The son of a pregnant woman killed in a police pursuit has pleaded with drivers not to flee police and risk their lives - or those of others.
But the mother of a teen killed in a crash is calling on police to pull back on pursuing fleeing drivers, particularly youngsters behind the wheel.
The two spoke out this week as part of The Chase, a four day Herald series taking an in-depth look at pursuits ahead of the release this Friday of a major review on the polarising police practice.
Police have engaged in more than 30,000 pursuits in the last ten years, during which time 79 people have been killed in crashes. Others have been killed in pursuit-related incidents including police shootings - and hundreds, including those in the fleeing cars and the patrol cars chasing them, have been injured.
The Chase looks at why pursuits happen, how police respond and who is affected.
Jacob Percy's pregnant mother, Renee, was killed in December when the car she was a passenger in crashed into a power pole during a pursuit. Driver Dennis Tunnicliffe was also killed.
"It's not worth it," Jacob Percy said.
"There's no two ways about it. People can stop, so they should."
The teen was critical of the frequency of pursuits.
"I believe they need to make quite a few substantial changes," he said.
But he acknowledged it also depended on the circumstances at the time. Pulling back was the right option if police knew who the driver was, he said.
He was mostly concerned about the "horrifying" number of associated deaths, and that innocent people, including his 35-year-old mother, had died.
The teenager said his mother had been in trouble before but "wouldn't ever run away from the police".
Elizabeth Harrison's daughter, Eden Nathan, was just 16 when she died in a police pursuit three years ago.
Eden was the passenger in a stolen that crashed at high speed in South Auckland.
Harrison is desperate to see changes in the way police pursue fleeing drivers, particularly young people. She thinks a law change is needed.
"I would like some laws to stop these cops who are young and hyped up. I feel they are on some adrenalin rush, too, when they are chasing kids.
"The thing is it's risking people's lives … So please stop and think before you chase our kids.
"I know they are in the wrong, but we still want them home at night."

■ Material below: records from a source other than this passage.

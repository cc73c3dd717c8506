-- ===== src/Quality/Tests.antt =====
-- The quality checks on a small book.
use somethingtrade.Prelude.{◌≡◌, ◌↔◌, true, none, some, [], ◌∷◌}
use somethingtrade.Prelude.Int.{pos}
use somethingtrade.Orderbook.Types.{OrderbookSnapshot}
use somethingtrade.Orderbook.View.{snapshot_of}
use somethingtrade.Orderbook.Tests.{clocks, with_bridge, with_bridge-IsWellFormed}
use somethingtrade.Quality.{OrderbookQualityValidator, Observed, validate}
use somethingtrade.Quality.Gate.{Passes, validate-is_valid_iff}

abbrev limits : OrderbookQualityValidator
limits = record {
  stale_after_ns = 1000;
  queue_lag_warning_ns = 100;
  queue_lag_severe_ns = 500;
  price_tolerance = 1;
  size_tolerance = 1;
}

abbrev copy : OrderbookSnapshot
copy = snapshot_of clocks none none with_bridge ((101, 7) ∷ (99, 3) ∷ []) ((102, 4) ∷ [])

abbrev observed : Observed
observed = record {
  now_monotonic_ns = some 40;
  reported_best_bid = some (pos 101);
  reported_best_ask = none;
  queue_lag_ns = some 20;
}

validate-is_valid_iff_example :
    ((validate limits copy (some with_bridge) observed).1.is_valid ≡ true)
    ↔ Passes limits copy with_bridge observed
validate-is_valid_iff_example =
    validate-is_valid_iff limits copy with_bridge observed with_bridge-IsWellFormed
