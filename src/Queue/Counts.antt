-- ===== src/Queue/Counts.antt =====
-- The counters of the queue monitor.
use somethingtrade.Prelude.{
  ℕ, zero, suc, ◌+◌, ◌-◌, ◌≤◌, ◌≡◌, refl, max, List, [], ◌∷◌, ◌++◌, arith, length, drop,
  length-append, Bool-cases, All, All-append, All-map, ltb, inl, inr,
}
use somethingtrade.Queue

length-drop : (n : ℕ) (l : List ℕ) → length (drop n l) ≡ length l - n
length-drop zero l = omega arith
length-drop (suc n) [] = omega arith
length-drop (suc n) (x ∷ l) = omega (arith, length-drop n l)

pub length-push : (cap x : ℕ) (l : List ℕ) → length (Queue.push cap x l) ≤ cap
unfolding Queue.push
length-push cap x l =
    omega (arith, length-drop (length l + 1 - cap) (l ++ x ∷ []), length-append {0} l (x ∷ []))

-- No more samples than the capacity, and none above the maximum.
abbrev pub Within : ℕ → ℕ → List ℕ → Type 0
Within cap top l = (length l ≤ cap) × All (λ x. x ≤ top) l

All-drop : (P : ℕ → Type 0) (n : ℕ) (l : List ℕ) → All P l → All P (drop n l)
All-drop P zero l h = h
All-drop P (suc n) [] h = tt
All-drop P (suc n) (x ∷ l) h = All-drop P n l h.1

raise : (a b : ℕ) (l : List ℕ) → a ≤ b → All (λ x. x ≤ a) l → All (λ x. x ≤ b) l
raise a b l h = All-map (λ x. x ≤ a) (λ x. x ≤ b) (λ x k. omega arith) l

pub push-Within :
    (cap top x : ℕ) (l : List ℕ) → Within cap top l → Within cap (max top x) (Queue.push cap x l)
unfolding Queue.push
push-Within cap top x l h = (
  length-push cap x l,
  All-drop (λ y. y ≤ max top x) (length l + 1 - cap) (l ++ x ∷ [])
      (All-append (λ y. y ≤ max top x) l (x ∷ []) (raise top (max top x) l (omega arith) h.1)
        (omega arith, tt)),
)

-- The total is the sum of the four kinds of events, each series of samples keeps to the capacity,
-- and the kept maxima are above the depths, the lags and the processing lags of the series.
pub record IsConsistent (m : Queue.QueueBackpressureMonitor) : Type 0 where
  pub total :
      m.queue_backpressure_events
      ≡ m.queue_size_backpressure_events + m.queue_lag_backpressure_events
        + m.processing_lag_backpressure_events + m.snapshot_blocking_lag_events
  pub dropped : m.queue_dropped_messages ≤ m.queue_size_backpressure_events
  pub depths : Within m.sample_capacity m.queue_max_size m.queue_depth_samples
  pub lags : Within m.sample_capacity m.enqueue_to_dequeue_lag_ns_max m.lag_samples
  pub processing : Within m.sample_capacity m.max_processing_lag_ns m.processing_lag_samples
  pub requests : length m.snapshot_request_duration_samples ≤ m.sample_capacity
  pub applies : length m.snapshot_apply_duration_samples ≤ m.sample_capacity
  pub puts : length m.queue_put_block_samples ≤ m.sample_capacity

module _ (m : Queue.QueueBackpressureMonitor) (h : IsConsistent m) where
  open h use {total, dropped, depths, lags, processing, requests, applies, puts}

  pub size-IsConsistent : (size : ℕ) → IsConsistent (Queue.record_size size m)
  unfolding Queue.record_size
  size-IsConsistent size =
      let pushed =
        push-Within m.sample_capacity m.queue_max_size size m.queue_depth_samples depths in
      elim (Bool-cases
        (Queue.backpressured m.capacity m.ratio_numerator m.ratio_denominator size)) [
          | inl over ↦ rw over (record {
            total = refl;
            dropped = omega arith;
            depths = pushed;
            lags = lags;
            processing = processing;
            requests = requests;
            applies = applies;
            puts = puts;
          })
          | inr under ↦ rw under (record {
            total = total;
            dropped = dropped;
            depths = pushed;
            lags = lags;
            processing = processing;
            requests = requests;
            applies = applies;
            puts = puts;
          })
        ]

  pub processed-IsConsistent :
      (dequeued done : ℕ) → IsConsistent (Queue.record_processing_done dequeued done m).0
  unfolding Queue.record_processing_done
  processed-IsConsistent dequeued done =
      let lag = done - dequeued in
      let pushed =
        push-Within m.sample_capacity m.max_processing_lag_ns lag m.processing_lag_samples
          processing in
      elim (Bool-cases (ltb m.processing_lag_severe_ns lag)) [
        | inl severe ↦ rw severe (record {
          total = refl;
          dropped = dropped;
          depths = depths;
          lags = lags;
          processing = pushed;
          requests = requests;
          applies = applies;
          puts = puts;
        })
        | inr mild ↦ rw mild (record {
          total = total;
          dropped = dropped;
          depths = depths;
          lags = lags;
          processing = pushed;
          requests = requests;
          applies = applies;
          puts = puts;
        })
      ]

  pub lag-IsConsistent : (lag : ℕ) → IsConsistent (Queue.count_lag lag m)
  unfolding Queue.count_lag Queue.refresh_backpressure_total
  lag-IsConsistent lag = elim (Bool-cases (ltb m.severe_lag_ns lag)) [
    | inl severe ↦ rw severe (record {
      total = refl;
      dropped = dropped;
      depths = depths;
      lags = lags;
      processing = processing;
      requests = requests;
      applies = applies;
      puts = puts;
    })
    | inr mild ↦ rw mild h
  ]

  pub requested-IsConsistent :
      (duration : ℕ) → IsConsistent (Queue.record_snapshot_request_duration duration m)
  unfolding Queue.record_snapshot_request_duration
  requested-IsConsistent duration =
      let pushed = length-push m.sample_capacity duration m.snapshot_request_duration_samples in
      elim (Bool-cases (ltb m.snapshot_blocking_lag_ns duration)) [
        | inl severe ↦ rw severe (record {
          total = refl;
          dropped = dropped;
          depths = depths;
          lags = lags;
          processing = processing;
          requests = pushed;
          applies = applies;
          puts = puts;
        })
        | inr mild ↦ rw mild (record {
          total = total;
          dropped = dropped;
          depths = depths;
          lags = lags;
          processing = processing;
          requests = pushed;
          applies = applies;
          puts = puts;
        })
      ]
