-- ===== src/Queue/Percentile.antt =====
-- The percentiles of the queue monitor's samples.
use somethingtrade.Prelude.{
  ℕ, zero, suc, ◌*◌, ◌≤◌, ◌<◌, ◌≡◌, min, true, List, [], ◌∷◌, arith, length, All,
}
use somethingtrade.Prelude.Sorted.{IsAscending, contains}
use somethingtrade.Queue.{percentile, round_hundredths, nth_or}

round_mono : (x y : ℕ) → x ≤ y → round_hundredths x ≤ round_hundredths y
unfolding round_hundredths
round_mono x y h = ground arith

nth_or-contains : (l : List ℕ) (i : ℕ) → i < length l → contains l (nth_or l i) ≡ true
nth_or-contains [] i h = absurd (omega arith)
nth_or-contains (x ∷ l) zero h = ground arith
nth_or-contains (x ∷ l) (suc i) h = ground (arith, nth_or-contains l i)

first-le : (x : ℕ) (l : List ℕ) (i : ℕ) → All (λ y. x ≤ y) l → i < length l → x ≤ nth_or l i
first-le x [] i a h = absurd (omega arith)
first-le x (y ∷ l) zero a h = a.0
first-le x (y ∷ l) (suc i) a h = first-le x l i a.1 (omega arith)

nth_or_mono :
    (l : List ℕ) (i j : ℕ) → IsAscending l → i ≤ j → j < length l → nth_or l i ≤ nth_or l j
nth_or_mono [] i j a h k = absurd (omega arith)
nth_or_mono (x ∷ l) zero zero a h k = omega arith
nth_or_mono (x ∷ l) zero (suc j) a h k = first-le x l j a.0 (omega arith)
nth_or_mono (x ∷ l) (suc i) zero a h k = absurd (omega arith)
nth_or_mono (x ∷ l) (suc i) (suc j) a h k = nth_or_mono l i j a.1 (omega arith) (omega arith)

abbrev index_of : List ℕ → ℕ → ℕ
index_of l percent = min (length l) (round_hundredths (length l * percent))

index_mono :
    (n p q : ℕ) → p ≤ q → min n (round_hundredths (n * p)) ≤ min n (round_hundredths (n * q))
index_mono n p q h =
    let m : n * p ≤ n * q = grind arith in omega (arith, round_mono (n * p) (n * q) m)

-- The percentile of samples in ascending order is one of them, if there are any, and it does not
-- fall when the percentage grows.
pub percentile_lem :
    (l : List ℕ) (p q : ℕ)
    → IsAscending l
    → p ≤ q
    → (0 < length l → contains l (percentile l p) ≡ true) × (percentile l p ≤ percentile l q)
unfolding percentile
percentile_lem [] p q a h = (λ k. absurd (omega arith), omega arith)
percentile_lem (x ∷ []) p q a h = (λ k. ground arith, omega arith)
percentile_lem (x ∷ y ∷ l) p q a h = (
  λ k. nth_or-contains (x ∷ y ∷ l) (index_of (y ∷ l) p) (omega arith),
  nth_or_mono (x ∷ y ∷ l) (index_of (y ∷ l) p) (index_of (y ∷ l) q) a
      (index_mono (length (y ∷ l)) p q h) (omega arith),
)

Friday's review, a joint effort by police and the Independent Police Conduct Authority, is the fifth review of pursuits since 2000.
Police wouldn't comment ahead of the latest findings.
Minister Stuart Nash said he supported the current policy but was "keen to see" the review.
"I do back the police to use their discretion in deciding whether to chase, whether to abandon, what course of action to take," he said.
"These are the men and women that are out there seeing this every single day and making the split-second decisions that they believe are in the best interests of our community."
The IPCA said when the review was announced in late 2017 that its purpose was to "better understand the pursuit environment, and to identify any current issues with police management of these events".
"All cases covered by the review are being analysed to identify common themes and issues and identify areas of good practice," the IPCA said.
"A more general review of all pursuits will enable both organisations to develop a better understanding of pursuits and the management of events.
"This will help to identify opportunities to improve police policy, practice and procedures."
Following a 2009 review, the IPCA recommended the policy was amended to provide clearer guidance to officers on when a pursuit should be started.
In 2010, an internal police pursuit policy review recommended formally introducing a search phase process for when officers lost sight of the fleeing vehicle.
It came after a lead pursuing officer unknowingly drove past the crash site that claimed the life of Vianne Shead in 2008 near Timaru.
The vehicle crashed 15 metres down a bank, killing Shead, who was a passenger.
Other recommendations included more staff training and limiting the number of vehicles involved in pursuits.
Pursuits - the facts
• Since January 2008 there have been 30,950 police pursuits.
• The number of pursuits has increased steadily each year for the past decade.
• During those pursuits, 79 drivers and passengers were killed.
• Others were also killed including innocent road users.
• Police figures show that pursuits are most likely to happen between 10pm and 6am.
• Crashes are more likely at night.
• The majority of drivers are young males and many are driving stolen cars.
• In most cases the driver was killed. In a significant number of crashes, multiple passengers also died.